The only other new release to rank in the weekend’s top ten movies was the comedy Masterminds, which earned a disappointing $6.6 million to go along with generally negative reviews. Even an ensemble cast including Zach Galifianakis, Owen Wilson, Kristen Wiig, Kate McKinnon, Leslie Jones, and Jason Sudeikis wasn’t enough to save the film, which follows an inept group of wannabe criminals attempting to pull off a massive armored-car heist.

This weekend also marked the first week that Suicide Squad didn’t have a top-ten finish. Warner Bros.

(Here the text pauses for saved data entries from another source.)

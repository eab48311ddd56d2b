-- ===== src/Ring/Calls/Dequeue.antt =====
-- `dequeue` of src/common/include/ring.hpp on a sound ring, with an entry and without.
use sqkio.Common.{ℕ, suc, ◌*◌, ◌≤◌, ◌<◌, ◌≡◌, ◌≢◌, refl, sym, ap, ap₂, ◌∙◌, ◌∷◌, bit_and, arith}
use sqkio.Common.Word.{add32}
use sqkio.Outcome.{ok}
use sqkio.Ring.{mt_rts, Config, Ring}
use sqkio.Ring.Copy.{Mem}
use sqkio.Ring.Copy.Result.{read_outside}
use sqkio.Ring.Elements.{scale}
use sqkio.Ring.Elements.Laws.{InRing}
use sqkio.Ring.Heads.Laws.{entries_of, move_cons_head-none, hts_move_cons_head-none}
use sqkio.Ring.Calls.{dequeue_mt, dequeue_hts, dequeue}
use sqkio.Ring.Calls.Valid.{words, item, window, count, contents, IsValid}
use sqkio.Ring.Calls.Steps.{take_slot, after_take, TookWords, dequeue_step}
use sqkio.Ring.Calls.Items.{item-read_self}
use sqkio.Ring.Calls.Slots.{slot-lt}
use sqkio.Ring.Calls.Enqueue.{IsValid-pow}

module _ {W : Type 0} (cfg : Config) (k : ℕ) (r : Ring W) (v : IsValid cfg.esize k r) where
  -- The entries that the consumer computes are those held.
  pub entries_of_lem : entries_of r ≡ count cfg.esize r
  entries_of_lem = omega (arith, v)

  pub take_slot-lt : take_slot r < r.size
  take_slot-lt = omega (arith, ap (bit_and r.cons.head) v.mask_ok, slot-lt k r.cons.head, v.size_ok)

  pub take-InRing : InRing cfg.esize r.size (take_slot r) 1
  take-InRing = record {
    slot = take_slot-lt;
    few = omega (arith, take_slot-lt);
    words = omega (arith, v.fits, ap (λ (t : ℕ). t * scale cfg.esize) v.size_ok);
    whole = v.whole;
  }

  after_take-IsValid : 0 < count cfg.esize r → IsValid cfg.esize k (after_take r)
  after_take-IsValid some_left = omega (arith, IsValid-pow v, v)

  module _ (entry out : Mem W) (same : TookWords cfg 0 r entry out) where
    took_item : item cfg.esize r.mem (take_slot r) ≡ words (scale cfg.esize) out 0
    took_item = item-read_self cfg.esize r.size (take_slot r) entry r.mem out take_slot-lt same

    took_contents :
        0 < count cfg.esize r
        → contents cfg.esize r ≡ words (scale cfg.esize) out 0 ∷ contents cfg.esize (after_take r)
    took_contents held =
        ap (window cfg.esize r.mask r.mem r.cons.tail) shorter ∙ ap₂ ◌∷◌ (first ∙ took_item) rest
      where
        shorter : count cfg.esize r ≡ suc (count cfg.esize (after_take r))
        shorter = omega (arith, v)

        first :
            item cfg.esize r.mem (bit_and r.cons.tail r.mask) ≡ item cfg.esize r.mem (take_slot r)
        first = ap (λ (t : ℕ). item cfg.esize r.mem (bit_and t r.mask)) (sym v.cons_done)

        rest :
            window cfg.esize r.mask r.mem (add32 r.cons.tail 1) (count cfg.esize (after_take r))
            ≡ contents cfg.esize (after_take r)
        rest =
            ap
              (λ (t : ℕ).
                window cfg.esize r.mask r.mem (add32 t 1) (count cfg.esize (after_take r)))
              (sym v.cons_done)

    kept_rest : (q : ℕ) → scale cfg.esize ≤ q → out q ≡ entry q
    kept_rest q h =
        same q
        ∙ read_outside (r.size * scale cfg.esize) (take_slot r * scale cfg.esize)
            (1 * scale cfg.esize) r.mem entry q (omega arith)

  -- On a ring that holds entries `dequeue` returns 1, keeps the ring sound, and moves the words of
  -- the oldest entry, and no more, to the caller's.
  pub dequeue-head :
      (fuel : ℕ) (entry : Mem W)
      → cfg.cons_sync ≢ mt_rts
      → 0 < count cfg.esize r
      → (out : Mem W) × (r' : Ring W) × (dequeue cfg (suc fuel) entry r ≡ ok (1, out, r'))
        × IsValid cfg.esize k r'
        × (contents cfg.esize r ≡ words (scale cfg.esize) out 0 ∷ contents cfg.esize r')
        × ((q : ℕ) → scale cfg.esize ≤ q → out q ≡ entry q)
        × (r'.memzone_size ≡ r.memzone_size)
  dequeue-head fuel entry coded held =
      let (out, runs, same) =
        dequeue_step cfg fuel r entry coded v.cons_done has_entry take-InRing in
      (
        out,
        after_take r,
        runs,
        after_take-IsValid held,
        took_contents entry out same held,
        kept_rest entry out same,
        refl,
      )
    where
      has_entry : 0 < entries_of r
      has_entry = omega (arith, entries_of_lem)

  -- On an empty ring `dequeue` returns 0 and changes neither the ring nor the caller's entry.
  pub dequeue-empty :
      (fuel : ℕ) (entry : Mem W)
      → cfg.cons_sync ≢ mt_rts
      → count cfg.esize r ≡ 0
      → dequeue cfg (suc fuel) entry r ≡ ok (0, entry, r)
  unfolding dequeue
  dequeue-empty fuel entry coded none_held = ground (arith, by_mt, by_hts)
    where
      none_left : entries_of r ≡ 0
      none_left = omega (arith, entries_of_lem)

      by_mt : dequeue_mt cfg (suc fuel) entry r ≡ ok (0, entry, r)
      by_mt = unfold dequeue_mt in rw (move_cons_head-none cfg fuel r 0 none_left)

      by_hts : dequeue_hts cfg (suc fuel) entry r ≡ ok (0, entry, r)
      by_hts = unfold dequeue_hts in rw (hts_move_cons_head-none cfg fuel r v.cons_done none_left)
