-- ===== src/Ring/Calls/Refine.antt =====
-- Sequences of calls of `enqueue` and `dequeue` (src/common/include/ring.hpp), beside the same calls on
-- the queue of Queue.antt.
use native.Mathlib.Decide.{dec_lt}
use sqkio.Common.{
  ℕ, suc, ◌-◌, ◌^◌, ◌≤◌, ◌≡◌, ◌≢◌, refl, ap, ◌∙◌, List, [], ◌∷◌, arith, lt→ltb, le→ltb, length,
}
use sqkio.Outcome.{Outcome, ok, ◌>>=◌}
use sqkio.Queue
use sqkio.Ring.{mt_rts, Config, Ring}
use sqkio.Ring.Copy.{Mem}
use sqkio.Ring.Elements.{scale}
use sqkio.Ring.Calls.{enqueue, dequeue}
use sqkio.Ring.Calls.Valid.{words, count, contents, length-window, IsValid}
use sqkio.Ring.Calls.Enqueue.{enqueue-append, enqueue-full}
use sqkio.Ring.Calls.Dequeue.{dequeue-head, dequeue-empty}

-- A call of a client, with the memory of the entry that it passes.
pub data Call {ℓ} (W : Type ℓ) : Type ℓ where
  enq : Mem W → Call W
  deq : Mem W → Call W

-- What a client sees of a call: the count, and after a `dequeue` the words of its entry.
abbrev pub Reply {ℓ} : Type ℓ → Type ℓ
Reply W = ℕ × List W

unfoldable pub run {ℓ} :
    {W : Type ℓ} (cfg : Config) (fuel : ℕ)
    → List (Call W)
    → Ring W
    → Outcome (List (Reply W) × Ring W)
run cfg fuel [] r = ok ([], r)
run cfg fuel (enq entry ∷ calls) r = enqueue cfg fuel entry r >>= λ (n, r1).
    run cfg fuel calls r1 >>= λ (replies, r2). ok ((n, []) ∷ replies, r2)
run cfg fuel (deq entry ∷ calls) r = dequeue cfg fuel entry r >>= λ (n, out, r1).
    run cfg fuel calls r1 >>= λ (replies, r2). ok ((n, words (scale cfg.esize) out 0) ∷ replies, r2)

-- The same calls on a queue whose entries are lists of `width` words.
unfoldable pub queue_run {ℓ} :
    {W : Type ℓ} (cap width : ℕ) → List (Call W) → List (List W) → List (Reply W) × List (List W)
queue_run cap width [] q = ([], q)
queue_run cap width (enq entry ∷ calls) q =
    let (n, q1) = Queue.push cap q (words width entry 0) in
    let (replies, q2) = queue_run cap width calls q1 in ((n, []) ∷ replies, q2)
queue_run cap width (deq entry ∷ calls) q =
    let (n, x, q1) = Queue.pop q (words width entry 0) in
    let (replies, q2) = queue_run cap width calls q1 in ((n, x) ∷ replies, q2)

module _ {W : Type 0} (cfg : Config) (k fuel : ℕ) where
  -- On a sound ring of 2^k slots, in a mode of the producer other than RTS and with any positive
  -- fuel, `enqueue` returns; what it returns and the entries that the ring then holds are those of
  -- `Queue.push` on a queue of 2^k - 1 entries; the ring stays sound, and the size that `free` will
  -- hand back stays the same.
  pub enqueue_refines :
      (entry : Mem W) (r : Ring W)
      → cfg.prod_sync ≢ mt_rts
      → IsValid cfg.esize k r
      → (r' : Ring W) × (n : ℕ) × (enqueue cfg (suc fuel) entry r ≡ ok (n, r'))
        × IsValid cfg.esize k r'
        × ((n, contents cfg.esize r')
            ≡ Queue.push (2 ^ k - 1) (contents cfg.esize r) (words (scale cfg.esize) entry 0))
        × (r'.memzone_size ≡ r.memzone_size)
  unfolding Queue.push
  enqueue_refines entry r coded v = elim (dec_lt (count cfg.esize r) (2 ^ k - 1)) [
    | yes room ↦
        let (r', runs, valid, held, same) = enqueue-append cfg k r v fuel entry coded room in
        (r', 1, runs, valid, rw (size, lt→ltb _ _ room, held), same)
    | no full ↦ (
      r,
      0,
      enqueue-full cfg k r v fuel entry coded (omega (arith, v)),
      v,
      rw (size, le→ltb (count cfg.esize r) (2 ^ k - 1) (omega arith)),
      refl,
    )
  ]
    where
      size : length (contents cfg.esize r) ≡ count cfg.esize r
      size = length-window cfg.esize r.mask r.mem r.cons.tail (count cfg.esize r)

  -- On a sound ring of 2^k slots, in a mode of the consumer other than RTS and with any positive
  -- fuel, `dequeue` returns; what it returns, the words of the caller's entry and the entries that
  -- the ring then holds are those of `Queue.pop`; the words behind the caller's entry stay, the ring
  -- stays sound, and the size that `free` will hand back stays the same.
  pub dequeue_refines :
      (entry : Mem W) (r : Ring W)
      → cfg.cons_sync ≢ mt_rts
      → IsValid cfg.esize k r
      → (r' : Ring W) × (n : ℕ) × (out : Mem W) × (dequeue cfg (suc fuel) entry r ≡ ok (n, out, r'))
        × IsValid cfg.esize k r'
        × ((n, words (scale cfg.esize) out 0, contents cfg.esize r')
            ≡ Queue.pop (contents cfg.esize r) (words (scale cfg.esize) entry 0))
        × ((q : ℕ) → scale cfg.esize ≤ q → out q ≡ entry q)
        × (r'.memzone_size ≡ r.memzone_size)
  unfolding Queue.pop
  dequeue_refines entry r coded v = elim (dec_lt 0 (count cfg.esize r)) [
    | yes some_held ↦
        let (out, r', runs, valid, held, rest, same) =
          dequeue-head cfg k r v fuel entry coded some_held in
        (r', 1, out, runs, valid, rw held, rest, same)
    | no none_held ↦
        let none : count cfg.esize r ≡ 0 = omega arith in
        (r, 0, entry, dequeue-empty cfg k r v fuel entry coded none, v, rw none, λ q h. refl, refl)
  ]

  -- On a sound ring of 2^k slots, with neither side in the mode RTS and with any positive fuel, every
  -- sequence of `enqueue` and `dequeue` returns; its replies are those of a queue of 2^k - 1 entries
  -- that starts with the ring's, the ring is sound after it and holds what the queue holds, and the
  -- size that `free` will hand back is the same.
  pub run_refines :
      (calls : List (Call W)) (r : Ring W)
      → cfg.prod_sync ≢ mt_rts
      → cfg.cons_sync ≢ mt_rts
      → IsValid cfg.esize k r
      → (r' : Ring W) × (run cfg (suc fuel) calls r
          ≡ ok ((queue_run (2 ^ k - 1) (scale cfg.esize) calls (contents cfg.esize r)).0, r'))
        × IsValid cfg.esize k r'
        × (contents cfg.esize r'
            ≡ (queue_run (2 ^ k - 1) (scale cfg.esize) calls (contents cfg.esize r)).1)
        × (r'.memzone_size ≡ r.memzone_size)
  unfolding run queue_run
  run_refines [] r cp cc v = (r, refl, v, refl, refl)
  run_refines (enq entry ∷ calls) r cp cc v =
      let (r1, n, runs, valid, pushed, same) = enqueue_refines entry r cp v in
      let (r2, runs2, valid2, held2, same2) = run_refines calls r1 cp cc valid in
      let after : ℕ × List (List W) → List (Reply W) × List (List W) =
        λ p. queue_run (2 ^ k - 1) (scale cfg.esize) calls p.1 in
      (
        r2,
        rw (runs, runs2) (ap (λ (p : ℕ × List (List W)). ok ((p.0, []) ∷ (after p).0, r2)) pushed),
        valid2,
        held2 ∙ ap (λ (p : ℕ × List (List W)). (after p).1) pushed,
        same2 ∙ same,
      )
  run_refines (deq entry ∷ calls) r cp cc v =
      let (r1, n, out, runs, valid, popped, rest, same) = dequeue_refines entry r cc v in
      let (r2, runs2, valid2, held2, same2) = run_refines calls r1 cp cc valid in
      let after : ℕ × List W × List (List W) → List (Reply W) × List (List W) =
        λ p. queue_run (2 ^ k - 1) (scale cfg.esize) calls p.2 in
      (
        r2,
        rw (runs, runs2)
            (ap (λ (p : ℕ × List W × List (List W)). ok ((p.0, p.1) ∷ (after p).0, r2)) popped),
        valid2,
        held2 ∙ ap (λ (p : ℕ × List W × List (List W)). (after p).1) popped,
        same2 ∙ same,
      )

Pictures’ supervillain team-up movie managed an eight-week run among the weekly top ten, and has amassed more than $320 million in U.S. theaters over that period — a tally that puts it just $10 million shy of Batman V. Superman: Dawn of Justice.

Also noteworthy was the $8.4 million earned by the biopic Sully over the weekend, which makes it the 14th film starring Tom Hanks in a live-action role to gross over $100 million in U.S. theaters. It’s also the fifth film directed by Clint Eastwood to top that mark domestically.

There’s a good chance we’ll see this week’s top films carry their success over another week, as the next batch of new releases aren’t expected to be blockbusters (but will likely still do well critically and commercially). The thriller The Girl on the Train is the highest-profile movie debuting October 7, with slave-rebellion drama The Birth of a Nation — which was written, produced, and directed by its star, Nate Parker — also expected to have a good run after a celebrated festival run earlier this year.